Al llegar a los árboles inmensos que tenían una altura aproximada de siete metros, Miguel y Pacho sintieron temor. “¿Te vas a mariquear ahora?”, decía Chechi mientras se reía con Linda. “Eche no, pensé que eran más bajitos pero creo que puedo”, replicó Miguel. “No, papi, chao. Ya no voy pa’ ese sipote árbol”, habló Pacho mientras daba un paso atrás. “No-friegue Pacho, me saliste faltón”, respondió Miguel ante el miedo de su primo. De pronto, un sonido celestial surgió desde adentro del gran estadio: “¡GOOOOOL!” El sentimiento más lindo del fútbol se hizo presente. Junior marcó el primer gol del encuentro en los últimos minutos del primer tiempo.

Esa fue la motivación necesaria, algo dentro de Linda despertó. La flaca de grandes piernas se atrevió a subir el árbol como si fuese una butaca. Con ayuda de Miguel y los ovarios bien puestos escaló hasta la copa. Ambos fueron capaces, el amor que les provocaba ver jugar a Junior fue más grande que el miedo. Eso sí, un susto generado por una brisa fuerte que casi los hace caer fue la única mancha de aquella grata experiencia.

Junior perdió 1 – 2 aquella tarde. Aun así, a sus 57 años, Eneria Pérez siempre atesora en su memoria aquella anécdota que hizo por amor, por amor a su Junior. Una pasión que la motivó a hacer algo que nunca más repetiría, pero que fue suficiente para sellar su pacto de amor con el Tiburón. Linda dice que esta es una de las historias que guarda para contársela a sus nietos, para transmitir esa sensación de estar en el Romelio Martínez cada domingo. Para ella era un ritual ininterrumpido, pues el Romelio se convirtió por mucho tiempo en su hogar de paso, en su casa de los domingos.

La resurrección

Es imposible no acordarse de aquellas épocas en las que la hinchada gritaba y animaba a sus equipos. Los ídolos eran insultados e idolatrados de acuerdo a su desempeño. Todo era un Carnaval, así era el Romelio. Goles, cánticos, barras y espectáculo. Todo aquello murió. El histórico y mítico estadio fue olvidado.

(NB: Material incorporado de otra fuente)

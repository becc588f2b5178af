-- ===== src/Codeup/Normalizer.antt =====
-- ingress-service/internal/yunxiao/codeup/normalizer.go: `Normalize`.
use yunxiao_workflow_agent.Base.{String, ◌++◌, true, false, ◌==◌, if◌then◌else◌}
use yunxiao_workflow_agent.Base.Text.{to_lower}
use yunxiao_workflow_agent.Base.Result.{Result, err}
use yunxiao_workflow_agent.Runtime.{Runtime, Bytes}
use yunxiao_workflow_agent.Model.{NormalizedEvent}
use yunxiao_workflow_agent.Effects.{Prog, ret, ◌>>=◌}
use yunxiao_workflow_agent.Ids.{trace_or_new}
use yunxiao_workflow_agent.Codeup.Payload.{WebhookPayload}
use yunxiao_workflow_agent.Codeup.Fields.{ignored_event}
use yunxiao_workflow_agent.Codeup.MergeRequest.{normalize_merge_request}
use yunxiao_workflow_agent.Codeup.Push.{normalize_push}
use yunxiao_workflow_agent.Codeup.Note.{normalize_note}

module _ (rt : Runtime) where
  -- Each of the four kinds is what it is in lower case, so the `switch` changes nothing.
  abbrev kind_of : String → String
  kind_of lower =
      if lower == "merge_request"
      then "merge_request"
      else if lower == "push"
      then "push"
      else if lower == "tag_push"
      then "tag_push"
      else if lower == "note"
      then "note"
      else lower

  unfoldable pub normalize_object_kind : String → String
  normalize_object_kind object_kind = kind_of (to_lower rt.lower_rune object_kind)

  -- The `switch` of `Normalize`.
  unfoldable pub dispatch :
      String → WebhookPayload → String → Bytes → String → Prog (Result NormalizedEvent)
  dispatch kind payload raw_payload_id raw_body trace_id =
      if kind == "merge_request"
      then normalize_merge_request rt payload raw_payload_id raw_body trace_id
      else if kind == "push"
      then normalize_push rt payload raw_payload_id raw_body trace_id false
      else if kind == "tag_push"
      then normalize_push rt payload raw_payload_id raw_body trace_id true
      else if kind == "note"
      then normalize_note rt payload raw_payload_id raw_body trace_id
      else ret (err (ignored_event (": unsupported object_kind " ++ rt.quote payload.object_kind)))

  unfoldable pub normalize :
      WebhookPayload → String → Bytes → String → Prog (Result NormalizedEvent)
  normalize payload raw_payload_id raw_body trace_id = do
    trace ← trace_or_new trace_id
    dispatch (normalize_object_kind payload.object_kind) payload raw_payload_id raw_body trace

El escenario deportivo se quedó pequeño para la ciudad y el contexto exigió otro campo más grande para el equipo local. Por esa razón, nació el Estadio Metropolitano Roberto Meléndez en 1986. El nacimiento de uno, fue la muere del otro. Sin embargo, con el paso de los años Barranquilla se ha vuelto una ciudad importante en Latinoamérica, tanto así que muchos eventos deportivos se llevan a cabo en La Arenosa. Uno de los tantos eventos sucederá este 2018, cuando inicien los Juegos Centroamericanos y del Caribe, que ya están a la vuelta de la esquina. Esto hizo revivir al Romelio. Atrás quedó el oxidado y gastado estadio. El Romelio hoy enfrenta una nueva realidad. La Alcaldía quiere darle nuevamente vida a todos aquellos cánticos, golazos y espectáculos. El renacimiento del estadio no solo pasa por los recuerdos, sino también por el peso cultural que tiene en Barranquilla y en Colombia.

El arquitecto Giancarlo Mazzanti fue el encargado de diseñar la nueva imagen del escenario deportivo. Con su nueva estructura, el Romelio Martínez acogerá a 8.600 almas en sus graderías incluyentes, pues todos los vendedores de la 72 tendrán su lugar en el resucitado Romelio. Pero no todo estará remodelado al cien por ciento. Espacios como la antigua Tribuna de Sombra se mantendrán con su diseño original, debido a que es considerado patrimonio cultural por su sello de art déco, pero eso sí, recibirán sus debidas restauraciones.

Hoy los más viejos sueñan con revivir su juventud y los más jóvenes con escribir historias nuevas, pero sin duda alguna el más agradecido es él. Él quiere vibrar otra vez con un gol, latir mientras algún atrevido tira una gambeta para arrancarle aplausos a las tribunas. Él quiere sentirse de nuevo una caldera. Su resurrección ya tiene fecha, está programada para el 28 de abril de 2018 y Él, el Romelio, será quien más lo agradezca, porque saldrá del olvido y volverá a ser lo que siempre fue: el estadio del pueblo barranquillero.